Herbert Gamlin

Personal information
- Full name: Herbert Temlett Gamlin
- Born: 12 February 1878 West Buckland, Wellington, Somerset, England
- Died: 12 July 1937 (aged 59) Pylford Bridge, Cheam, Surrey, England
- Batting: Right-handed
- Bowling: Right-arm off-break

Domestic team information
- 1895–1896: Somerset

Career statistics
| Competition | FC |
| Matches | 3 |
| Runs scored | 7 |
| Batting average | 1.16 |
| 100s/50s | 0/0 |
| Top score | 5 |
| Balls bowled | 296 |
| Wickets | 2 |
| Bowling average | 103.50 |
| 5 wickets in innings | 0 |
| 10 wickets in match | 0 |
| Best bowling | 2/100 |
| Catches/stumpings | 4/– |
- Source: CricketArchive, 22 December 2015

= Herbert Gamlin =

English rugby union player and cricketer

Herbert Temlett Gamlin (12 February 1878 – 12 July 1937), known as Octopus Gamlin, played in 15 rugby union internationals for England between 1899 and 1904 as a full-back. He also played first-class cricket for Somerset in 1895 and 1896. He was born at West Buckland, Somerset and died at North Cheam, Surrey.

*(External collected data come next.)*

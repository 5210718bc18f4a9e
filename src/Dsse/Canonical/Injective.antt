-- ===== src/Dsse/Canonical/Injective.antt =====
-- crates/aep-core/src/dsse.rs: reading a value back from its canonical JSON.
use wasmagent_proxy.Base.{
  ◌≡◌, inl, inr, refl, sym, ap, ◌∙◌, List, [], ◌∷◌, ◌++◌, append_assoc, append-nil, Text, All,
  arith,
}
use wasmagent_proxy.Json.{
  Value, null, boolean, number, string, array, object, Items, nil, cons, end, field, Map, Crates,
}
use wasmagent_proxy.Json.Order.{IsWellFormed, AreItems, AreFields, AreFields-Ordered}
use wasmagent_proxy.Json.Members.{Entry, entries, members_agree}
use wasmagent_proxy.Dsse.Canonical.{canonical_json_value}
use wasmagent_proxy.Dsse.Canonical.Joined.{Ends, Begun, Unique, joined_agree}
use wasmagent_proxy.Dsse.Canonical.Entries.{All-sort_entries, sorted-Within}
use wasmagent_proxy.Dsse.Canonical.Texts.{
  IsScalar, listed, listed-injective, can, pair_text, IsKept, sorted, object_text, array_text,
  scalar_text,
}
use wasmagent_proxy.Dsse.Canonical.Scalars.{
  IsPlain, can-Begun, pair_text-Begun, object_not_scalar, array_not_scalar, object_not_array, kind,
}

module _ (x : Crates) (plain : (v : Value) → IsScalar v → IsPlain (x.to_string v))
    (delimits : (u v : Value) (s t : Text)
      → IsScalar u
      → IsScalar v
      → Ends s
      → Ends t
      → x.to_string u ++ s ≡ x.to_string v ++ t
      → (u ≡ v) × (s ≡ t)) where
  abbrev text : Value → Text
  text = can x

  abbrev pair : Entry → Text
  pair = pair_text x

  entry-Unique : (e : Entry) → Unique text IsWellFormed e.1 → Unique pair IsKept e
  entry-Unique (k, v) unique (j, u) s t kept ends other_ends e =
      let left = append_assoc (x.to_string (string k)) (b':' ∷ text v) s in
      let right = append_assoc (x.to_string (string j)) (b':' ∷ text u) t in
      let (keys, rest) =
        delimits (string k) (string j) (b':' ∷ (text v ++ s)) (b':' ∷ (text u ++ t)) tt tt
          (inr (inl refl)) (inr (inl refl)) (sym left ∙ (e ∙ right)) in
      let (values, tails) = unique u s t kept ends other_ends (cc rest) in
      let same_key : k ≡ j = cc keys in (ap (λ k. (k, v)) same_key ∙ ap (λ v. (j, v)) values, tails)

  scalar-Unique : (v : Value) → IsScalar v → Unique text IsWellFormed v
  scalar-Unique v scalar w s t good ends other_ends e = elim (kind x plain w) [
    | inl other ↦ delimits v w s t scalar other ends other_ends (
        ap (λ q. q ++ s) (sym (scalar_text x v scalar))
        ∙ (e ∙ ap (λ q. q ++ t) (scalar_text x w other)))
    | inr (inl (ys, is_array)) ↦
        absurd (array_not_scalar x plain ys v t s scalar (sym (e ∙ ap (λ w. text w ++ t) is_array)))
    | inr (inr (n, is_object)) ↦
        absurd
          (object_not_scalar x plain n v t s scalar (sym (e ∙ ap (λ w. text w ++ t) is_object)))
  ]

  kept : (m : Map) → AreFields m → All IsKept (entries m)
  unfolding AreFields
  kept end f = tt
  kept (field k v m) (b, w, f) = (w, kept m f)

  well_formed : (xs : Items) → AreItems xs → All IsWellFormed (listed xs)
  unfolding AreItems
  well_formed nil h = tt
  well_formed (cons v xs) (w, h) = (w, well_formed xs h)

  All-Begun :
      {A : Type 0} (p : A → Text) (vs : List A)
      → ((a : A) → Begun (p a))
      → All (λ a. Begun (p a)) vs
  All-Begun p [] f = tt
  All-Begun p (a ∷ vs) f = (f a, All-Begun p vs f)

  objects_agree :
      (m n : Map) (s t : Text)
      → AreFields m
      → AreFields n
      → All (Unique pair IsKept) (entries m)
      → text (object m) ++ s ≡ text (object n) ++ t
      → (m ≡ n) × (s ≡ t)
  objects_agree m n s t f g unique e =
      let inner = sym (object_text x m s) ∙ (e ∙ object_text x n t) in
      let (same, rest) =
        joined_agree pair IsKept b'}' (inr (inr (inr refl))) (λ h. ground arith) (sorted x m)
          (sorted x n) s t (All-sort_entries _ (entries m) unique)
          (All-sort_entries IsKept (entries n) (kept n g))
          (All-Begun pair _ (pair_text-Begun x plain)) (All-Begun pair _ (pair_text-Begun x plain))
          (cc inner) in
      (
        members_agree m n (AreFields-Ordered m f) (AreFields-Ordered n g) (sorted-Within m n same)
            (sorted-Within n m (sym same)),
        rest,
      )

  arrays_agree :
      (xs ys : Items) (s t : Text)
      → AreItems ys
      → All (Unique text IsWellFormed) (listed xs)
      → text (array xs) ++ s ≡ text (array ys) ++ t
      → (xs ≡ ys) × (s ≡ t)
  arrays_agree xs ys s t g unique e =
      let inner = sym (array_text x xs s) ∙ (e ∙ array_text x ys t) in
      let (same, rest) =
        joined_agree text IsWellFormed b']' (inr (inr (inl refl))) (λ h. ground arith) (listed xs)
          (listed ys) s t unique (well_formed ys g) (All-Begun text _ (can-Begun x plain))
          (All-Begun text _ (can-Begun x plain)) (cc inner) in
      (listed-injective xs ys same, rest)

  object-Unique :
      (m : Map)
      → AreFields m
      → All (Unique pair IsKept) (entries m)
      → Unique text IsWellFormed (object m)
  unfolding AreFields
  object-Unique m f unique null s t good ends other_ends e = absurd good
  object-Unique m f unique (array ys) s t good ends other_ends e =
      absurd (object_not_array x plain m ys s t e)
  object-Unique m f unique (object n) s t good ends other_ends e =
      let (same, rest) = objects_agree m n s t f good unique e in (ap object same, rest)
  object-Unique m f unique (boolean b) s t good ends other_ends e =
      absurd (object_not_scalar x plain m (boolean b) s t tt e)
  object-Unique m f unique (number b) s t good ends other_ends e =
      absurd (object_not_scalar x plain m (number b) s t tt e)
  object-Unique m f unique (string b) s t good ends other_ends e =
      absurd (object_not_scalar x plain m (string b) s t tt e)

  array-Unique :
      (xs : Items)
      → All (Unique text IsWellFormed) (listed xs)
      → Unique text IsWellFormed (array xs)
  unfolding AreItems
  array-Unique xs unique null s t good ends other_ends e = absurd good
  array-Unique xs unique (array ys) s t good ends other_ends e =
      let (same, rest) = arrays_agree xs ys s t good unique e in (ap array same, rest)
  array-Unique xs unique (object n) s t good ends other_ends e =
      absurd (object_not_array x plain n xs t s (sym e))
  array-Unique xs unique (boolean b) s t good ends other_ends e =
      absurd (array_not_scalar x plain xs (boolean b) s t tt e)
  array-Unique xs unique (number b) s t good ends other_ends e =
      absurd (array_not_scalar x plain xs (number b) s t tt e)
  array-Unique xs unique (string b) s t good ends other_ends e =
      absurd (array_not_scalar x plain xs (string b) s t tt e)

  mutual
    unfolding IsWellFormed

    value-Unique : (v : Value) → IsWellFormed v → Unique text IsWellFormed v
    value-Unique null w = absurd w
    value-Unique (boolean b) w = scalar-Unique (boolean b) tt
    value-Unique (number n) w = scalar-Unique (number n) tt
    value-Unique (string s) w = scalar-Unique (string s) tt
    value-Unique (array xs) w = array-Unique xs (items-Unique xs w)
    value-Unique (object m) w = object-Unique m w (fields-Unique m w)

    items-Unique : (xs : Items) → AreItems xs → All (Unique text IsWellFormed) (listed xs)
    items-Unique nil h = tt
    items-Unique (cons v xs) (w, h) = (value-Unique v w, items-Unique xs h)

    fields-Unique : (m : Map) → AreFields m → All (Unique pair IsKept) (entries m)
    fields-Unique end f = tt
    fields-Unique (field k v m) (b, w, f) =
        (entry-Unique (k, v) (value-Unique v w), fields-Unique m f)

  -- Two well-formed values with the same canonical JSON are equal, if the text of a scalar begins
  -- like no array, no object and nothing that follows a value, and if two texts of scalars, each
  -- followed by a comma, a colon, a closing bracket or brace or nothing, are equal only for equal
  -- scalars with equal continuations.
  pub canonical_json-injective :
      (v w : Value)
      → IsWellFormed v
      → IsWellFormed w
      → canonical_json_value x v ≡ canonical_json_value x w
      → v ≡ w
  canonical_json-injective v w good other e =
      (value-Unique v good w [] [] other tt tt
        (append-nil (text v) ∙ (e ∙ sym (append-nil (text w))))).0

Gamlin was educated at Wellington School and played both cricket and rugby union for Somerset as a teenager.

==Rugby career==
Gamlin played as a full-back and was renowned for the strength of his tackling: an obituary in The Times in 1937 said that he "probably was the most powerful and effective tackler on record". His ability to stop opponents as they ran towards him led to him being nicknamed "The Octopus": "It was no fancy that credited him with the feat of tackling two men more or less at the same time–one in either hand," The Times rugby correspondent wrote. A later letter responding to this memoir identified an incident where Gamlin had indeed tackled two men at once in a match against the Welsh Barbarians team and also noted that his tackling technique was essentially "bear-hugs enveloping both man and ball".

==Cricket career==
Gamlin played as a tail-ender right-handed batsman and a right-arm off-break bowler in two consecutive matches in July 1895. In the first, he failed to score a run or take a wicket against Essex at Taunton. Essex's total of 692 was the team's highest first-class score for 95 years until surpassed in 1990. Gamlin's second match, against Lancashire, also at Taunton, was even more difficult; Lancashire scored 801 and captain Archie MacLaren scored 424, the first score of more than 400 runs by an individual batsman in first-class cricket. MacLaren finally fell to Gamlin's off-spin, and Gamlin took the last wicket of the innings as well, perversely turning in the best bowling figures of his short first-class career in this innings by taking two for 100. He failed to score in this match too. After four consecutive scores of 0, he finally made 2 and 5 in his single match in 1896, against Yorkshire, but he failed to take any further wickets, and this was the final first-class match of his career.